Le groupe a aussi élargi sa licence à Singapour en 2013. «Nous voulons croître sur le marché institutionnel asiatique qui pèse seulement quelques pour-cent de nos encours. C’est une stratégie de long terme car les fonds de pension y sont encore peu nombreux», juge le représentant d’Unigestion.

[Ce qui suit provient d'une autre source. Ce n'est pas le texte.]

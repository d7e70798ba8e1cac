-- ===== src/Marshal/Words.antt =====
-- On either kind of machine the mixin that `xdr_put` and `xdr_get` use moves words in the order of
-- RFC4506.
use xdrpp.Common.{
  ℕ, ◌+◌, ◌*◌, ◌/◌, ◌%◌, ◌^◌, ◌<◌, ◌≡◌, refl, ◌∙◌, arith, Bool, true, false, List, [], ◌∷◌, ◌++◌,
  append_assoc, length-append, length, ◌≤◌, ap, sym,
}
use xdrpp.Common.Result.{Res, ok, fault, ◌>>=◌, bind-eq-ok}
use xdrpp.Endian.{swap32, swap32le}
use xdrpp.Endian.Swap.{swap32_bytes, swap32_as_bytes}
use xdrpp.Marshal.{
  Out, write, store32, load32, join, first_word, second_word, join_words, marshal_noswap,
  marshal_swap, rfc_base,
}

-- RFC4506, section 4.1 and on: the most significant byte stands first.
unfoldable pub be32 : ℕ → List ℕ
be32 v = v / 2 ^ 24 % 256 ∷ v / 2 ^ 16 % 256 ∷ v / 2 ^ 8 % 256 ∷ v % 256 ∷ []

unfoldable pub be64 : ℕ → List ℕ
unfolding be32
be64 v = be32 (v / 2 ^ 32) ++ be32 (v % 2 ^ 32)

pub length-be32 : (v : ℕ) → length (be32 v) ≡ 4
unfolding be32
length-be32 v = refl

pub length-be64 : (v : ℕ) → length (be64 v) ≡ 8
unfolding be64
length-be64 v = refl

unfoldable pub read_be32 : List ℕ → Res (ℕ × List ℕ)
read_be32 (a ∷ b ∷ c ∷ d ∷ rest) = ok (join a b c d, rest)
read_be32 _ = fault

unfoldable pub read_be64 : List ℕ → Res (ℕ × List ℕ)
unfolding read_be32
read_be64 inp = do
  (hi, inp1) ← read_be32 inp
  (lo, inp2) ← read_be32 inp1
  ok (hi * 2 ^ 32 + lo, inp2)

pub store32-swap32 : (v : ℕ) → v < 2 ^ 32 → store32 false (swap32 v) ≡ be32 v
unfolding store32 be32
store32-swap32 v h = ground (arith, swap32_as_bytes v h)

pub put32_lem :
    (be : Bool) (v : ℕ) (o : Out) → v < 2 ^ 32 → (rfc_base be).put32 v o ≡ write (be32 v) o
unfolding rfc_base marshal_noswap marshal_swap
put32_lem true v o h = unfold store32 be32 in refl
put32_lem false v o h = rw (store32-swap32 v h)

-- Two stores in a row are one.
pub write-append : (xs ys : List ℕ) (o : Out) → (write xs o >>= write ys) ≡ write (xs ++ ys) o
unfolding write
write-append xs ys o = ground (arith, length-append xs ys, append_assoc o.written xs ys)

-- On a machine of either byte order `put64` of a 64-bit number stores its eight bytes, the highest
-- first.
pub put64_lem :
    (be : Bool) (v : ℕ) (o : Out) → v < 2 ^ 64 → (rfc_base be).put64 v o ≡ write (be64 v) o
unfolding rfc_base marshal_noswap marshal_swap first_word second_word
put64_lem true v o h = write-append _ _ o ∙ unfold store32 be64 in refl
put64_lem false v o h =
    rw (store32-swap32 (v / 2 ^ 32) (omega arith), store32-swap32 (v % 2 ^ 32) (omega arith))
      (write-append _ _ o ∙ unfold be64 in refl)

pub swap32-join : (a b c d : ℕ) → swap32 (join d c b a) ≡ join a b c d
swap32-join a b c d =
    swap32_bytes (d % 256) (c % 256) (b % 256) (a % 256) (omega arith) (omega arith) (omega arith)
      (omega arith)

pub get32_lem : (be : Bool) (inp : List ℕ) → (rfc_base be).get32 inp ≡ read_be32 inp
unfolding rfc_base marshal_noswap marshal_swap load32 read_be32
get32_lem true (a ∷ b ∷ c ∷ d ∷ rest) = refl
get32_lem false (a ∷ b ∷ c ∷ d ∷ rest) = rw swap32-join
get32_lem true _ = refl
get32_lem false _ = refl

-- On a machine of either byte order and on any input `get64` reads a number whose highest byte comes
-- first, as `read_be64` does, and reads outside the input exactly where `read_be64` does.
pub get64_lem : (be : Bool) (inp : List ℕ) → (rfc_base be).get64 inp ≡ read_be64 inp
unfolding rfc_base marshal_noswap marshal_swap read_be64 join_words load32
get64_lem true (_ ∷ _ ∷ _ ∷ _ ∷ _ ∷ _ ∷ _ ∷ _ ∷ rest) = refl
get64_lem false (a ∷ b ∷ c ∷ d ∷ e ∷ f ∷ g ∷ h ∷ rest) =
    rw (swap32-join a b c d, swap32-join e f g h)
get64_lem true _ = refl
get64_lem false _ = refl

-- What `be32` and `be64` write is read back, whatever follows it.
pub read_be32-be32 :
    (v : ℕ) (rest : List ℕ) → v < 2 ^ 32 → read_be32 (be32 v ++ rest) ≡ ok (v, rest)
unfolding read_be32 be32
read_be32-be32 v rest h = ground arith

join-be32 :
    (v : ℕ)
    → v < 2 ^ 32
    → join (v / 2 ^ 24 % 256) (v / 2 ^ 16 % 256) (v / 2 ^ 8 % 256) (v % 256) ≡ v
join-be32 v h = omega arith

-- The bytes of a word as memory has them.
pub load32-be32 :
    (be : Bool) (v : ℕ) (rest : List ℕ)
    → v < 2 ^ 32
    → load32 be (be32 v ++ rest) ≡ ok (swap32le be v, rest)
unfolding load32 be32 swap32le
load32-be32 true v rest h = ground arith
load32-be32 false v rest h =
    ap (λ w. ok (w, rest))
      (sym (swap32-join (v % 256) (v / 2 ^ 8 % 256) (v / 2 ^ 16 % 256) (v / 2 ^ 24 % 256))
        ∙ ap swap32 (join-be32 v h))

pub read_be64-be64 :
    (v : ℕ) (rest : List ℕ) → v < 2 ^ 64 → read_be64 (be64 v ++ rest) ≡ ok (v, rest)
unfolding read_be64 be64
read_be64-be64 v rest h = ground arith

-- A read takes exactly its bytes, gives a number in range, and faults only past the end.
pub read_be32_sound :
    (inp : List ℕ) (u : ℕ) (rest : List ℕ)
    → read_be32 inp ≡ ok (u, rest)
    → (u < 2 ^ 32) × (length inp ≡ 4 + length rest)
unfolding read_be32
read_be32_sound (a ∷ b ∷ c ∷ d ∷ inp) u rest e = ground arith
read_be32_sound [] u rest e = cc
read_be32_sound (_ ∷ []) u rest e = cc
read_be32_sound (_ ∷ _ ∷ []) u rest e = cc
read_be32_sound (_ ∷ _ ∷ _ ∷ []) u rest e = cc

pub read_be64_sound :
    (inp : List ℕ) (u : ℕ) (rest : List ℕ)
    → read_be64 inp ≡ ok (u, rest)
    → (u < 2 ^ 64) × (length inp ≡ 8 + length rest)
unfolding read_be64
read_be64_sound inp u rest e =
    let ((hi, inp1), first, e1) = bind-eq-ok (read_be32 inp) _ e in
    let ((lo, inp2), second, e2) = bind-eq-ok (read_be32 inp1) _ e1 in
    ground (arith, read_be32_sound inp hi inp1 first, read_be32_sound inp1 lo inp2 second)

pub read_be32-total : (inp : List ℕ) → 4 ≤ length inp → (p : ℕ × List ℕ) × (read_be32 inp ≡ ok p)
unfolding read_be32
read_be32-total (a ∷ b ∷ c ∷ d ∷ inp) h = ((join a b c d, inp), refl)
read_be32-total [] h = absurd (omega arith)
read_be32-total (_ ∷ []) h = absurd (omega arith)
read_be32-total (_ ∷ _ ∷ []) h = absurd (omega arith)
read_be32-total (_ ∷ _ ∷ _ ∷ []) h = absurd (omega arith)

pub read_be64-total : (inp : List ℕ) → 8 ≤ length inp → (p : ℕ × List ℕ) × (read_be64 inp ≡ ok p)
unfolding read_be64
read_be64-total inp h =
    let ((hi, inp1), first) = read_be32-total inp (omega arith) in
    let ((lo, inp2), second) =
      read_be32-total inp1 (omega (arith, read_be32_sound inp hi inp1 first)) in
    ((hi * 2 ^ 32 + lo, inp2), rw (first, second))
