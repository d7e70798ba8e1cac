-- ===== src/Marshal/Bytes.antt =====
-- `put_bytes` and `get_bytes`: a byte string takes a multiple of four bytes, filled up with zeros.
use xdrpp.Common.{
  ℕ, zero, suc, ◌+◌, ◌-◌, ◌%◌, ◌≤◌, ◌≡◌, ◌≢◌, refl, sym, ap, ◌∙◌, arith, List, [], ◌∷◌, ◌++◌,
  length, replicate, append-nil, append_assoc, length-append, length-replicate, length-take,
  take-append, drop-append, take-append-drop, fun_ext, Bool-cases, le→ltb, ne_of_==, ==_iff, ◌==◌,
  true, inl, inr, ◌*◌, ◌/◌,
}
use xdrpp.Common.Result.{
  Res, ok, throw, fault, ill_typed, ◌>>=◌, bind-eq-ok, Ensures, returns, throws, Ensures-bind,
}
use xdrpp.Marshal.{Out, write, read, put_padding, put_bytes, get_padding, get_bytes}
use xdrpp.Marshal.Words.{write-append}

-- How many bytes are missing to a multiple of four.
abbrev pub pad : ℕ → ℕ
pad len = (4 - len % 4) % 4

abbrev pub zeros : ℕ → List ℕ
zeros len = replicate (pad len) 0

unfoldable pub padded : List ℕ → List ℕ
padded bs = bs ++ zeros (length bs)

write-nil : (o : Out) → write [] o ≡ ok o
unfolding write
write-nil o = ground (arith, append-nil o.written)

pad_done : (len : ℕ) → len % 4 ≡ 0 → pad len ≡ 0
pad_done len h = omega arith

pad_more : (len : ℕ) → len % 4 ≢ 0 → pad len ≡ suc (pad (len + 1))
pad_more len h = omega arith

put_padding_lem :
    (rounds len : ℕ) (o : Out) → pad len ≤ rounds → put_padding rounds len o ≡ write (zeros len) o
unfolding put_padding
put_padding_lem zero len o h = let e : pad len ≡ 0 = omega arith in rw e (sym (write-nil o))
put_padding_lem (suc rounds) len o h = elim (Bool-cases (len % 4 == 0)) [
  | inl e ↦ rw (e, pad_done len ((==_iff _ 0).0 e)) (sym (write-nil o))
  | inr e ↦
      rw (e, pad_more len (ne_of_== _ 0 e))
        (ap (λ k. write (0 ∷ []) o >>= k)
            (fun_ext (λ x.
              put_padding_lem rounds (len + 1) x (omega (arith, pad_more len (ne_of_== _ 0 e)))))
          ∙ write-append (0 ∷ []) (zeros (len + 1)) o)
]

-- `put_bytes` writes the bytes and zeros up to a multiple of four, and nothing for an empty string.
pub put_bytes_lem : (bs : List ℕ) (o : Out) → put_bytes bs o ≡ write (padded bs) o
unfolding put_bytes padded
put_bytes_lem [] o = sym (write-nil o)
put_bytes_lem (b ∷ bs) o =
    ap (λ k. write (b ∷ bs) o >>= k)
      (fun_ext (λ x. put_padding_lem 3 (length (b ∷ bs)) x (omega arith)))
    ∙ write-append (b ∷ bs) (zeros (length (b ∷ bs))) o

get_padding-zeros :
    (rounds len : ℕ) (rest : List ℕ)
    → pad len ≤ rounds
    → get_padding rounds len (zeros len ++ rest) ≡ ok rest
unfolding get_padding
get_padding-zeros zero len rest h = let e : pad len ≡ 0 = omega arith in rw e
get_padding-zeros (suc rounds) len rest h = elim (Bool-cases (len % 4 == 0)) [
  | inl e ↦ rw (pad_done len ((==_iff _ 0).0 e)) (stops rest e)
  | inr e ↦ rw (pad_more len (ne_of_== _ 0 e)) (
      rw e (get_padding-zeros rounds (len + 1) rest (omega (arith, pad_more len (ne_of_== _ 0 e)))))
]
  where
    stops : (l : List ℕ) → (len % 4 == 0) ≡ true → get_padding (suc rounds) len l ≡ ok l
    stops [] e = rw e
    stops (c ∷ l) e = rw e

get_padding_sound :
    (rounds len : ℕ) (inp rest : List ℕ)
    → pad len ≤ rounds
    → get_padding rounds len inp ≡ ok rest
    → inp ≡ zeros len ++ rest
unfolding get_padding
get_padding_sound zero len inp rest h e = let p : pad len ≡ 0 = omega arith in rw p (ground arith)
get_padding_sound (suc rounds) len [] rest h e = elim (Bool-cases (len % 4 == 0)) [
  | inl z ↦ rw (pad_done len ((==_iff _ 0).0 z)) (ground arith)
  | inr z ↦ absurd (ground arith)
]
get_padding_sound (suc rounds) len (c ∷ inp) rest h e = elim (Bool-cases (len % 4 == 0)) [
  | inl z ↦ rw (pad_done len ((==_iff _ 0).0 z)) (ground arith)
  | inr z ↦
      rw (pad_more len (ne_of_== _ 0 z))
        (ground (arith, get_padding_sound rounds (len + 1) inp rest, pad_more len (ne_of_== _ 0 z)))
]

get_padding-defined :
    (rounds len : ℕ) (inp : List ℕ)
    → pad len ≤ length inp
    → (get_padding rounds len inp ≢ fault) × (get_padding rounds len inp ≢ ill_typed)
unfolding get_padding
get_padding-defined zero len inp h = (λ e. cc, λ e. cc)
get_padding-defined (suc rounds) len [] h = (λ e. ground arith, λ e. ground arith)
get_padding-defined (suc rounds) len (c ∷ inp) h = (
  λ e. ground (arith, get_padding-defined rounds (len + 1) inp),
  λ e. ground (arith, get_padding-defined rounds (len + 1) inp),
)

get_padding-Ensures :
    (rounds len : ℕ) (inp : List ℕ)
    → pad len ≤ rounds
    → pad len ≤ length inp
    → Ensures (λ rest. inp ≡ zeros len ++ rest) (get_padding rounds len inp)
get_padding-Ensures rounds len inp h enough = go (get_padding rounds len inp) refl
  where
    go :
        (r : Res (List ℕ))
        → get_padding rounds len inp ≡ r
        → Ensures (λ rest. inp ≡ zeros len ++ rest) r
    go (ok rest) e = returns (get_padding_sound rounds len inp rest h e)
    go (throw x) e = throws
    go fault e = absurd ((get_padding-defined rounds len inp enough).0 e)
    go ill_typed e = absurd ((get_padding-defined rounds len inp enough).1 e)

pub length-padded : (bs : List ℕ) → length (padded bs) ≡ (length bs + 3) / 4 * 4
unfolding padded
length-padded bs =
    omega
      (arith, length-append bs (zeros (length bs)), length-replicate {A = ℕ} (pad (length bs)) 0)

read-append : (bs rest : List ℕ) → read (length bs) (bs ++ rest) ≡ ok (bs, rest)
unfolding read
read-append bs rest = ground (
  arith,
  length-append bs rest,
  take-append bs rest (length bs) refl,
  drop-append bs rest (length bs) refl,
)

read_sound :
    (n : ℕ) (inp bs rest : List ℕ)
    → read n inp ≡ ok (bs, rest)
    → (inp ≡ bs ++ rest) × (length bs ≡ n)
unfolding read
read_sound n inp bs rest e = ground (arith, take-append-drop n inp, length-take n inp)

read-Ensures :
    (n : ℕ) (inp : List ℕ)
    → n ≤ length inp
    → Ensures (λ r. (inp ≡ r.0 ++ r.1) × (length r.0 ≡ n)) (read n inp)
unfolding read
read-Ensures n inp h =
    rw (le→ltb (length inp) n h) (returns (sym (take-append-drop n inp), length-take n inp h))

-- `get_bytes` takes a padded string off the front.
pub get_bytes-padded :
    (bs rest : List ℕ) → get_bytes (length bs) (padded bs ++ rest) ≡ ok (bs, rest)
unfolding get_bytes padded
get_bytes-padded [] rest = refl
get_bytes-padded (b ∷ bs) rest =
    rw
      (
        append_assoc (b ∷ bs) (zeros (length (b ∷ bs))) rest,
        read-append (b ∷ bs) (zeros (length (b ∷ bs)) ++ rest),
      )
      (rw (get_padding-zeros 3 (length (b ∷ bs)) rest (omega arith)))

-- What `get_bytes` accepts is a padded string of the length asked for.
pub get_bytes_sound :
    (n : ℕ) (inp bs rest : List ℕ)
    → get_bytes n inp ≡ ok (bs, rest)
    → (inp ≡ padded bs ++ rest) × (length bs ≡ n)
unfolding get_bytes padded
get_bytes_sound zero inp bs rest e = ground arith
get_bytes_sound (suc n) inp bs rest e =
    let ((cs, tail), taken, e') = bind-eq-ok (read (suc n) inp) _ e in
    let (tail', skipped, e'') = bind-eq-ok (get_padding 3 (suc n) tail) _ e' in
    let (front, count) = read_sound (suc n) inp cs tail taken in
    ground (
      arith,
      front,
      count,
      get_padding_sound 3 (suc n) tail tail' (omega arith) skipped,
      append_assoc cs (zeros (suc n)) tail',
    )

-- On an input of whole words that is at least `n` bytes long, `get_bytes` of `n` bytes reads nothing
-- outside the input: it throws, or the input is the string that it returns, of `n` bytes, with its
-- zero padding, and then the rest that it returns.
pub get_bytes-Ensures :
    (n : ℕ) (inp : List ℕ)
    → n ≤ length inp
    → length inp % 4 ≡ 0
    → Ensures (λ r. (length r.0 ≡ n) × (inp ≡ padded r.0 ++ r.1)) (get_bytes n inp)
unfolding get_bytes padded
get_bytes-Ensures zero inp h w = returns (refl, refl)
get_bytes-Ensures (suc n) inp h w =
    Ensures-bind (read-Ensures (suc n) inp h) λ (bs, rest) (front, count).
      Ensures-bind
        (get_padding-Ensures 3 (suc n) rest (omega arith)
          (omega (arith, ap length front, length-append bs rest)))
        λ rest' skipped.
          returns (count, rw (front, skipped, ← count) (sym (append_assoc bs _ rest')))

En dehors de Lausanne, les autres centres de gestion semblent confortés par les directives européennes. «Notre bureau de Paris devient notre plate-forme AIFM et Londres notre plate-forme Mifid, explique-t-il. Cela ne change pas notre organisation car Paris disposait déjà d’un agrément de multigestion alternative et de FCPR, mais chaque bureau peut déléguer à un autre la gestion de certains mandats.»
Les actions pèsent depuis l’an dernier plus de 50% des actifs, devant les fonds de fonds alternatifs et de private assets (capital-investissement, infrastructures, etc.) et la multigestion. De même, les mandats personnalisés sont devenus majoritaires. «Nous avons choisi ce modèle pour développer notre expertise de sélection de fonds de dette», pointe Jean-François Hirschel.
Du côté des produits ouverts, «nous avons lancé cette année une stratégie actions monde avec un biais investissement responsable, pour les fondations et organisations caritatives», poursuit-il. Nous espérons aussi boucler Unigestion Secondary Opportunity III, un FCPR de secondaire investi dans des fonds de capital-investissement dédiés aux entreprises moyennes. Il permet aux clients d’augmenter rapidement leur exposition au private equity en profitant d’une décote sur les actifs».
Après un closing à 100 millions d’euros, le groupe vise 400 millions pour ce fonds. En 2013, Unigestion a subi au total 424 millions d’euros de décollecte, un gros client ayant internalisé sa gestion, mais les flux sont positifs en 2014, à 171 millions fin février.